--- START ---

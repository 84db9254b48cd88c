-- ===== src/Auth/Signed.antt =====
-- `_sign` and `_unsign` of app/bl/services/auth.py: values with a signature.
pub mod Laws
use Prim.Native.Char.{Char, code}
use Prim.Native.String.{[], ◌∷◌}
use network_gateway_api.Prelude.{
  ℕ, ◌≡◌, refl, ◌∙◌, Bool, true, false, not, ◌&&◌, ◌||◌, Option, none, some, String, str_eq, eq_iff,
  leb, ◌==◌, if◌then◌else◌, Outcome, ok, err, arith, Bool-cases, Option-cases, inl, inr, &&-true,
  ap,
}
use network_gateway_api.Value.{Value, Fields, Items, dict, list, end, field, nil, cons, is_empty}
use network_gateway_api.Audit.Timestamps.{text_le}
use network_gateway_api.Text.{append, all_chars}
use network_gateway_api.Identity.{AuthError, value_error}

-- `value.rsplit(".", 1)`, with `none` where there is no dot
unfoldable pub split_last : String → Option (String × String)
split_last [] = none
split_last (c ∷ text) = elim (split_last text) [
  | some (front, back) ↦ some (c ∷ front, back)
  | none ↦ if code c == 46 then some ("", text) else none
]

-- The alphabet of `_decode_b64url`
abbrev pub is_b64url : ℕ → Bool
is_b64url c =
    (leb 65 c && leb c 90)
    || (leb 97 c && leb c 122)
    || (leb 48 c && leb c 57)
    || c == 45
    || c == 95

abbrev pub is_ascii : ℕ → Bool
is_ascii c = leb c 127

-- Put a key before the first that does not come before it.
unfoldable pub put_key : String → Value → Fields → Fields
unfolding text_le
put_key key value end = field key value end
put_key key value (field k v fields) =
    let rest = field k v (put_key key value fields) in
    if text_le key k then field key value (field k v fields) else rest

-- A value with the keys of its dicts in order, as `json.dumps(..., sort_keys=True)` writes it
unfoldable mutual
  unfolding put_key

  pub sort_value : Value → Value
  sort_value (dict fields) = dict (sort_fields fields)
  sort_value (list items) = list (sort_items items)
  sort_value value = value

  pub sort_fields : Fields → Fields
  sort_fields end = end
  sort_fields (field key value fields) = put_key key (sort_value value) (sort_fields fields)

  pub sort_items : Items → Items
  sort_items nil = nil
  sort_items (cons value items) = cons (sort_value value) (sort_items items)

-- What the code takes from Python: base64 without its padding, JSON with sorted keys, and
-- HMAC-SHA256. A text of bytes has a character for each byte.
pub record Codec : Type 0 where
  pub b64url : String → String
  pub decode_b64 : String → Option String
  pub dumps : Fields → String
  pub loads : String → Option Value
  pub mac : (secret message : String) → String

-- Base64 of these bytes has text of its alphabet and is undone by decoding.
pub record IsEncoded (codec : Codec) (bytes : String) : Type 0 where
  pub decoded : codec.decode_b64 (codec.b64url bytes) ≡ some bytes
  pub alphabet : all_chars is_b64url (codec.b64url bytes) ≡ true
  pub nonempty : is_empty (codec.b64url bytes) ≡ false

-- What the documentation of base64 and json says, at one payload and one secret.
pub record IsFaithful (codec : Codec) (payload : Fields) (secret : String) : Type 0 where
  pub document : IsEncoded codec (codec.dumps payload)
  pub signature : IsEncoded codec (codec.mac secret (codec.b64url (codec.dumps payload)))
  pub read_back : codec.loads (codec.dumps payload) ≡ some (dict (sort_fields payload))

module _ (codec : Codec) where
  -- `_decode_b64url`
  unfoldable pub decode_b64url : String → Option String
  decode_b64url value =
      if is_empty value || not (all_chars is_b64url value) then none else codec.decode_b64 value

  -- `_json_segment`; `none` where it raises a ValueError
  unfoldable pub json_segment : String → Option Fields
  unfolding decode_b64url
  json_segment value = elim (decode_b64url value) [
    | none ↦ none
    | some bytes ↦ elim (codec.loads bytes) [ some (dict fields) ↦ some fields | _ ↦ none ]
  ]

  -- `_sign`
  unfoldable pub sign : Fields → String → String
  sign payload secret =
      let encoded = codec.b64url (codec.dumps payload) in
      append encoded (append "." (codec.b64url (codec.mac secret encoded)))

  -- `hmac.compare_digest(expected, _decode_b64url(signature))`
  abbrev pub has_mac : String → String → String → Bool
  has_mac secret encoded signature = elim (decode_b64url signature) [
    | none ↦ false
    | some bytes ↦ str_eq (codec.mac secret encoded) bytes
  ]

  -- `_unsign`; `none` where it raises a ValueError
  unfoldable pub unsign : String → String → Option Fields
  unfolding split_last json_segment decode_b64url
  unsign value secret = elim (split_last value) [
    | none ↦ none
    | some (encoded, signature) ↦
        if all_chars is_ascii encoded && has_mac secret encoded signature
        then json_segment encoded
        else none
  ]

--- END ---

● What needs to be done:
Working through the records, find each line containing the word "Bool" and copy it.

● Output of the task:
  ℕ, ◌≡◌, refl, ◌∙◌, Bool, true, false, not, ◌&&◌, ◌||◌, Option, none, some, String, str_eq, eq_iff,
  leb, ◌==◌, if◌then◌else◌, Outcome, ok, err, arith, Bool-cases, Option-cases, inl, inr, &&-true,
abbrev pub is_b64url : ℕ → Bool
abbrev pub is_ascii : ℕ → Bool
  abbrev pub has_mac : String → String → String → Bool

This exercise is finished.